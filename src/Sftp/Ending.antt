-- ===== src/Sftp/Ending.antt =====
-- The destructor of the client, `end_session`, call by call.
use power_boot.Prelude.{
  ℕ, zero, suc, ◌<◌, ◌≡◌, refl, ap, ◌∙◌, Bool, true, false, Option, none, some, List, ◌∷◌, ◌++◌,
  arith, replicate,
}
use power_boot.World.{World}
use power_boot.World.Session.{Rc}
use power_boot.World.Calls.{SshCall, Call, ssh}
use power_boot.Effects.{Env, done, M, pure, ◌>>=◌, ◌>>◌, skip, get, ssh_call}
use power_boot.Effects.Steps.{Resumes, then-done, ssh_call-done}
use power_boot.Sftp.{is_again}
use power_boot.Sftp.Session.{disconnect_loop, end_session}

-- The other threads leave the client and the list of calls alone, and spare this one.
pub record IsAloof (env : Env) : Type 0 where
  pub same_sftp : (w : World) → (env.interfere w).sftp ≡ w.sftp
  pub same_trace : (w : World) → (env.interfere w).trace ≡ w.trace
  pub resumes : Resumes env

-- The call that the loop of the destructor makes.
abbrev hang_up : World → SshCall
hang_up w = SshCall.session_disconnect w.sftp.session

module _ (env : Env) where
  -- Behind a call of libssh2.
  abbrev pub past : SshCall → World → World
  past call w = env.interfere (record w { trace = ssh call ∷ w.trace })

  -- The status of that call, and the state behind `k` of them.
  abbrev pub hang_up_rc : World → Rc
  hang_up_rc w = (env.ssh_reply w (hang_up w)).rc

  abbrev pub hang_ups : ℕ → World → World
  hang_ups zero w = w
  hang_ups (suc k) w = hang_ups k (past (hang_up w) w)

  proceed : ℕ → Bool → M (Unit {0})
  proceed fuel b = elim b [ true ↦ disconnect_loop env fuel | false ↦ skip ]

  -- Behind the first two calls of the destructor.
  abbrev pub shut : World → World
  shut w = past SshCall.sftp_shutdown (past (SshCall.sftp_close w.sftp.sftp_handle) w)

  -- Behind the loop and the call that frees the session.
  abbrev freed : ℕ → ℕ → World → World
  freed p k w = past (SshCall.session_free (some p)) (hang_ups (suc k) (shut w))

  -- `end_session` from its test of the session on.
  release : ℕ → Option ℕ → M (Unit {0})
  release fuel session = elim session [
    | none ↦ skip
    | some p ↦ disconnect_loop env fuel >> ssh_call env (SshCall.session_free (some p)) >> skip
  ]

  leave : M (Unit {0})
  leave = do
    w ← get
    ssh_call env (SshCall.socket_close w.sftp.sock)
    ssh_call env SshCall.exit
    skip

module _ (env : Env) (go : Resumes env) where
  disconnect_loop-step :
      (fuel : ℕ) (w : World)
      → disconnect_loop env (suc fuel) w
        ≡ proceed env fuel (is_again (hang_up_rc env w)) (past env (hang_up w) w)
  unfolding disconnect_loop proceed ◌>>=◌ ◌>>◌ get
  disconnect_loop-step fuel w = rw (ssh_call-done env go (hang_up w) w)

  disconnect_loop-done :
      (k fuel : ℕ) (w : World)
      → k < fuel
      → ((i : ℕ) → i < k → is_again (hang_up_rc env (hang_ups env i w)) ≡ true)
      → is_again (hang_up_rc env (hang_ups env k w)) ≡ false
      → disconnect_loop env fuel w ≡ done tt (hang_ups env (suc k) w)
  unfolding proceed skip pure
  disconnect_loop-done k zero w lt busy last = absurd (omega arith)
  disconnect_loop-done zero (suc fuel) w lt busy last =
      disconnect_loop-step fuel w ∙ ap (λ b. proceed env fuel b (past env (hang_up w) w)) last
  disconnect_loop-done (suc k) (suc fuel) w lt busy last =
      disconnect_loop-step fuel w
      ∙ ap (λ b. proceed env fuel b (past env (hang_up w) w)) (busy 0 (omega arith))
      ∙ disconnect_loop-done k fuel (past env (hang_up w) w) (omega arith)
          (λ i h. busy (suc i) (omega arith)) last

  end_session-step :
      (fuel : ℕ) (w : World)
      → end_session env fuel w
        ≡ (release env fuel (shut env w).sftp.session >> leave env) (shut env w)
  unfolding end_session release leave ◌>>=◌ ◌>>◌ get
  end_session-step fuel w = simp (ssh_call-done env go)

  release-done :
      (p k fuel : ℕ) (w : World)
      → k < fuel
      → ((i : ℕ) → i < k → is_again (hang_up_rc env (hang_ups env i w)) ≡ true)
      → is_again (hang_up_rc env (hang_ups env k w)) ≡ false
      → release env fuel (some p) w
        ≡ done tt (past env (SshCall.session_free (some p)) (hang_ups env (suc k) w))
  unfolding release skip pure
  release-done p k fuel w lt busy last =
      let free = ssh_call env (SshCall.session_free (some p)) in
      then-done (disconnect_loop env fuel >> free) skip w (
        then-done (disconnect_loop env fuel) free w (disconnect_loop-done k fuel w lt busy last)
        ∙ ssh_call-done env go (SshCall.session_free (some p)) (hang_ups env (suc k) w))

  leave-done :
      (w : World)
      → leave env w
        ≡ done tt (past env SshCall.exit (past env (SshCall.socket_close w.sftp.sock) w))
  unfolding leave ◌>>=◌ ◌>>◌ get skip pure
  leave-done w = simp (ssh_call-done env go)

  end_session-done :
      (p k fuel : ℕ) (w : World)
      → (shut env w).sftp.session ≡ some p
      → k < fuel
      → ((i : ℕ) → i < k → is_again (hang_up_rc env (hang_ups env i (shut env w))) ≡ true)
      → is_again (hang_up_rc env (hang_ups env k (shut env w))) ≡ false
      → end_session env fuel w
        ≡ done tt (
            past env SshCall.exit
              (past env (SshCall.socket_close (freed env p k w).sftp.sock) (freed env p k w)))
  end_session-done p k fuel w live lt busy last =
      end_session-step fuel w
      ∙ then-done (release env fuel (shut env w).sftp.session) (leave env) (shut env w) (
          ap (λ s. release env fuel s (shut env w)) live
          ∙ release-done p k fuel (shut env w) lt busy last)
      ∙ leave-done (freed env p k w)

replicate-shift :
    {A : Type 0} (k : ℕ) (x : A) (xs : List A) → replicate k x ++ x ∷ xs ≡ x ∷ (replicate k x ++ xs)
replicate-shift zero x xs = refl
replicate-shift (suc k) x xs = ap (λ t. x ∷ t) (replicate-shift k x xs)

-- All calls up to the end of the destructor, the last one first.
abbrev pub farewell : ℕ → ℕ → World → List Call
farewell p k w =
    ssh SshCall.exit
      ∷ ssh (SshCall.socket_close w.sftp.sock)
      ∷ ssh (SshCall.session_free (some p))
      ∷ replicate (suc k) (ssh (SshCall.session_disconnect (some p)))
    ++ ssh SshCall.sftp_shutdown ∷ ssh (SshCall.sftp_close w.sftp.sftp_handle) ∷ w.trace

module _ {env : Env} (aloof : IsAloof env) where
  hang_ups-sftp : (k : ℕ) (w : World) → (hang_ups env k w).sftp ≡ w.sftp
  hang_ups-sftp zero w = refl
  hang_ups-sftp (suc k) w = hang_ups-sftp k (past env (hang_up w) w) ∙ aloof.same_sftp _

  hang_ups-trace :
      (k : ℕ) (w : World) → (hang_ups env k w).trace ≡ replicate k (ssh (hang_up w)) ++ w.trace
  hang_ups-trace zero w = refl
  hang_ups-trace (suc k) w =
      hang_ups-trace k (past env (hang_up w) w)
      ∙ rw (aloof.same_sftp _, aloof.same_trace _) (replicate-shift k (ssh (hang_up w)) w.trace)

  shut-sftp : (w : World) → (shut env w).sftp ≡ w.sftp
  shut-sftp w = aloof.same_sftp _ ∙ aloof.same_sftp _

  shut-trace :
      (w : World)
      → (shut env w).trace
        ≡ ssh SshCall.sftp_shutdown ∷ ssh (SshCall.sftp_close w.sftp.sftp_handle) ∷ w.trace
  shut-trace w = aloof.same_trace _ ∙ ap (λ t. ssh SshCall.sftp_shutdown ∷ t) (aloof.same_trace _)

  freed-sftp : (p k : ℕ) (w : World) → (freed env p k w).sftp ≡ w.sftp
  freed-sftp p k w = aloof.same_sftp _ ∙ hang_ups-sftp (suc k) (shut env w) ∙ shut-sftp w

  freed-trace :
      (p k : ℕ) (w : World)
      → w.sftp.session ≡ some p
      → (freed env p k w).trace
        ≡ ssh (SshCall.session_free (some p))
            ∷ replicate (suc k) (ssh (SshCall.session_disconnect (some p)))
          ++ ssh SshCall.sftp_shutdown ∷ ssh (SshCall.sftp_close w.sftp.sftp_handle) ∷ w.trace
  freed-trace p k w live =
      let session : (shut env w).sftp.session ≡ some p = ap (λ s. s.session) (shut-sftp w) ∙ live in
      aloof.same_trace _
      ∙ ap (λ t. ssh (SshCall.session_free (some p)) ∷ t)
          (hang_ups-trace (suc k) (shut env w)
            ∙ ap (λ s. replicate (suc k) (ssh (SshCall.session_disconnect s)) ++ (shut env w).trace)
                session
            ∙ ap (λ t. replicate (suc k) (ssh (SshCall.session_disconnect (some p))) ++ t)
                (shut-trace w))

  -- Where the other threads leave the client, the list of calls and this thread alone, the client
  -- has a session, and libssh2 answers its disconnection with LIBSSH2_ERROR_EAGAIN `k` times and
  -- then otherwise: the destructor with more fuel than `k` comes to its end, with these calls
  -- behind the earlier ones: the file and the SFTP session are closed, the session is disconnected
  -- `k + 1` times in a row and then freed, the socket is closed, and libssh2 is left.
  pub end_session-ordered :
      (p k fuel : ℕ) (w : World)
      → w.sftp.session ≡ some p
      → k < fuel
      → ((i : ℕ) → i < k → is_again (hang_up_rc env (hang_ups env i (shut env w))) ≡ true)
      → is_again (hang_up_rc env (hang_ups env k (shut env w))) ≡ false
      → (w' : World) × ((end_session env fuel w ≡ done tt w') × (w'.trace ≡ farewell p k w))
  end_session-ordered p k fuel w live lt busy last = (
    _,
    (
      end_session-done env aloof.resumes p k fuel w (ap (λ s. s.session) (shut-sftp w) ∙ live) lt
          busy last,
      aloof.same_trace _
          ∙ ap (λ t. ssh SshCall.exit ∷ t)
              (aloof.same_trace _
                ∙ ap (λ s. ssh (SshCall.socket_close s.sock) ∷ (freed env p k w).trace)
                    (freed-sftp p k w)
                ∙ ap (λ t. ssh (SshCall.socket_close w.sftp.sock) ∷ t) (freed-trace p k w live)),
    ),
  )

◆ **Task requirements**
Exactly the lines running from the top of the records to the line that contains "pub record IsAloof (env : Env) : Type 0 where", inclusive, must be set down, and nothing more.

◆ **Your solution**
filename src/Sftp/Ending.antt
-- ===== src/Sftp/Ending.antt =====
-- The destructor of the client, `end_session`, call by call.
use power_boot.Prelude.{
  ℕ, zero, suc, ◌<◌, ◌≡◌, refl, ap, ◌∙◌, Bool, true, false, Option, none, some, List, ◌∷◌, ◌++◌,
  arith, replicate,
}
use power_boot.World.{World}
use power_boot.World.Session.{Rc}
use power_boot.World.Calls.{SshCall, Call, ssh}
use power_boot.Effects.{Env, done, M, pure, ◌>>=◌, ◌>>◌, skip, get, ssh_call}
use power_boot.Effects.Steps.{Resumes, then-done, ssh_call-done}
use power_boot.Sftp.{is_again}
use power_boot.Sftp.Session.{disconnect_loop, end_session}

-- The other threads leave the client and the list of calls alone, and spare this one.
pub record IsAloof (env : Env) : Type 0 where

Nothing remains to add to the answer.